*EXERCISE DESCRIPTION*
Reproduce the data shown below exactly.

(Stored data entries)
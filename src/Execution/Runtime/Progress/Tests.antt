-- ===== src/Execution/Runtime/Progress/Tests.antt =====
-- A run whose checks all pass, over the in-memory components.
use agent_actum.Base.{
  text_eq, ◌≡◌, refl, ◌≤◌, suc, true, none, some, [], ◌∷◌, String, Option, arith,
}
use agent_actum.Samples.{host, action}
use agent_actum.Model.Json.{Value, null, str, end, dumps}
use agent_actum.Model.Exec.{ok, lift, ◌>>=◌}
use agent_actum.Model.Host.{draw}
use agent_actum.Contracts.Models.{action_matches_contract}
use agent_actum.Contracts.Registry.{get}
use agent_actum.Ledger.Models.{AppendArguments, LedgerEvent}
use agent_actum.Ledger.Memory.{InMemoryLedger, in_memory_ledger, append}
use agent_actum.Idempotency.Models.{IdempotencyRecord, in_progress, validate_completion}
use agent_actum.Idempotency.Memory.{
  InMemoryIdempotencyBackend, in_memory_backend, claim, mark_completed,
}
use agent_actum.Policies.Models.{validate_constraints}
use agent_actum.Policies.Engine.{
  evaluate, collect, compose, make_decision, max_risk, first_denial, constraints_of,
}
use agent_actum.Execution.Schema.{
  validate_against_schema, validate_value, properties_error, missing_field,
}
use agent_actum.Execution.Runtime.Defs.{checks_pass}
use agent_actum.Execution.Runtime.Stages.{execute}
use agent_actum.Execution.Runtime.Example.{registered_pay, runtime, world}
use agent_actum.Execution.Runtime.Admission.{run_from}
use agent_actum.Execution.Runtime.Progress.{Success, TakesEvents, ClockForward, Claimable, Ready}
use agent_actum.Execution.Runtime.Progress.Reaching.{execute-Success}

-- The ledger takes an event, whether it names an actor or not.
taken :
    (actor : Option String) (args : AppendArguments) (l : InMemoryLedger)
    → (e : LedgerEvent) × (l' : InMemoryLedger) × (append host (record args { actor_id = actor }) l
        ≡ (ok e, l'))
unfolding append
taken none args l = (_, _, refl)
taken (some s) args l = (_, _, refl)

takes : TakesEvents host runtime
unfolding in_memory_ledger
takes args l = taken args.actor_id args l

forward : ClockForward host runtime
forward m n le = le

-- The backend with the key claimed, and a completion by the owner, with a reference or without.
abbrev claimed_record : IdempotencyRecord
claimed_record = record {
  key = "k1";
  owner_token = 100;
  status = in_progress;
  claimed_at = 1;
  completed_at = none;
  result_reference = none;
  result = null;
}

abbrev with_claim : InMemoryIdempotencyBackend
with_claim = record { records = ("k1", claimed_record) ∷ []; drawn = 2 }

completes :
    (reference : Option String) (v : Value)
    → (m : IdempotencyRecord) × (i : InMemoryIdempotencyBackend) × (mark_completed host "k1" 100
          reference v with_claim
        ≡ (ok m, i))
unfolding mark_completed validate_completion
completes none v = (_, _, refl)
completes (some s) v = (_, _, refl)

claimable : Claimable host runtime (some "k1") world.idempotency
unfolding in_memory_backend claim validate_completion
claimable =
    (record { claimed = claimed_record; acquired = true }, with_claim, refl, refl, completes)

ready :
    Ready host runtime (run_from host action end 0) registered_pay (str "paid") [] world.idempotency
unfolding get action_matches_contract validate_against_schema validate_value properties_error
    missing_field evaluate collect compose make_decision draw max_risk first_denial constraints_of
    validate_constraints checks_pass dumps lift ◌>>=◌
ready = record {
  registered = refl;
  matches = refl;
  input_valid = refl;
  permitted =
      λ n. let later : n ≤ suc (suc n) = omega arith in (_, suc (suc n), refl, later, refl, refl);
  key_given = refl;
  claimable = claimable;
  prepared = refl;
  answers = refl;
  output_valid = refl;
  serialisable = refl;
  accepted = refl;
  verified = refl;
}

execute-Success_example : Success (str "paid") (execute host runtime action end world)
execute-Success_example =
    execute-Success host runtime action end registered_pay (str "paid") world takes forward ready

*COMPLETED TASK*
filename src/Execution/Runtime/Progress/Tests.antt
-- ===== src/Execution/Runtime/Progress/Tests.antt =====
-- A run whose checks all pass, over the in-memory components.
use agent_actum.Base.{
  text_eq, ◌≡◌, refl, ◌≤◌, suc, true, none, some, [], ◌∷◌, String, Option, arith,
}
use agent_actum.Samples.{host, action}
use agent_actum.Model.Json.{Value, null, str, end, dumps}
use agent_actum.Model.Exec.{ok, lift, ◌>>=◌}
use agent_actum.Model.Host.{draw}
use agent_actum.Contracts.Models.{action_matches_contract}
use agent_actum.Contracts.Registry.{get}
use agent_actum.Ledger.Models.{AppendArguments, LedgerEvent}
use agent_actum.Ledger.Memory.{InMemoryLedger, in_memory_ledger, append}
use agent_actum.Idempotency.Models.{IdempotencyRecord, in_progress, validate_completion}
use agent_actum.Idempotency.Memory.{
  InMemoryIdempotencyBackend, in_memory_backend, claim, mark_completed,
}
use agent_actum.Policies.Models.{validate_constraints}
use agent_actum.Policies.Engine.{
  evaluate, collect, compose, make_decision, max_risk, first_denial, constraints_of,
}
use agent_actum.Execution.Schema.{
  validate_against_schema, validate_value, properties_error, missing_field,
}
use agent_actum.Execution.Runtime.Defs.{checks_pass}
use agent_actum.Execution.Runtime.Stages.{execute}
use agent_actum.Execution.Runtime.Example.{registered_pay, runtime, world}
use agent_actum.Execution.Runtime.Admission.{run_from}
use agent_actum.Execution.Runtime.Progress.{Success, TakesEvents, ClockForward, Claimable, Ready}
use agent_actum.Execution.Runtime.Progress.Reaching.{execute-Success}

-- The ledger takes an event, whether it names an actor or not.
taken :
    (actor : Option String) (args : AppendArguments) (l : InMemoryLedger)
    → (e : LedgerEvent) × (l' : InMemoryLedger) × (append host (record args { actor_id = actor }) l
        ≡ (ok e, l'))
unfolding append
taken none args l = (_, _, refl)
taken (some s) args l = (_, _, refl)

takes : TakesEvents host runtime
unfolding in_memory_ledger
takes args l = taken args.actor_id args l

forward : ClockForward host runtime
forward m n le = le

-- The backend with the key claimed, and a completion by the owner, with a reference or without.
abbrev claimed_record : IdempotencyRecord
claimed_record = record {
  key = "k1";
  owner_token = 100;
  status = in_progress;
  claimed_at = 1;
  completed_at = none;
  result_reference = none;
  result = null;
}

abbrev with_claim : InMemoryIdempotencyBackend
with_claim = record { records = ("k1", claimed_record) ∷ []; drawn = 2 }

completes :
    (reference : Option String) (v : Value)
    → (m : IdempotencyRecord) × (i : InMemoryIdempotencyBackend) × (mark_completed host "k1" 100
          reference v with_claim
        ≡ (ok m, i))
unfolding mark_completed validate_completion
completes none v = (_, _, refl)
completes (some s) v = (_, _, refl)

claimable : Claimable host runtime (some "k1") world.idempotency
unfolding in_memory_backend claim validate_completion
claimable =
    (record { claimed = claimed_record; acquired = true }, with_claim, refl, refl, completes)

ready :
    Ready host runtime (run_from host action end 0) registered_pay (str "paid") [] world.idempotency
unfolding get action_matches_contract validate_against_schema validate_value properties_error
    missing_field evaluate collect compose make_decision draw max_risk first_denial constraints_of
    validate_constraints checks_pass dumps lift ◌>>=◌
ready = record {
  registered = refl;
  matches = refl;
  input_valid = refl;
  permitted =
      λ n. let later : n ≤ suc (suc n) = omega arith in (_, suc (suc n), refl, later, refl, refl);
  key_given = refl;
  claimable = claimable;
  prepared = refl;
  answers = refl;
  output_valid = refl;
  serialisable = refl;
  accepted = refl;
  verified = refl;
}

execute-Success_example : Success (str "paid") (execute host runtime action end world)
execute-Success_example =
    execute-Success host runtime action end registered_pay (str "paid") world takes forward ready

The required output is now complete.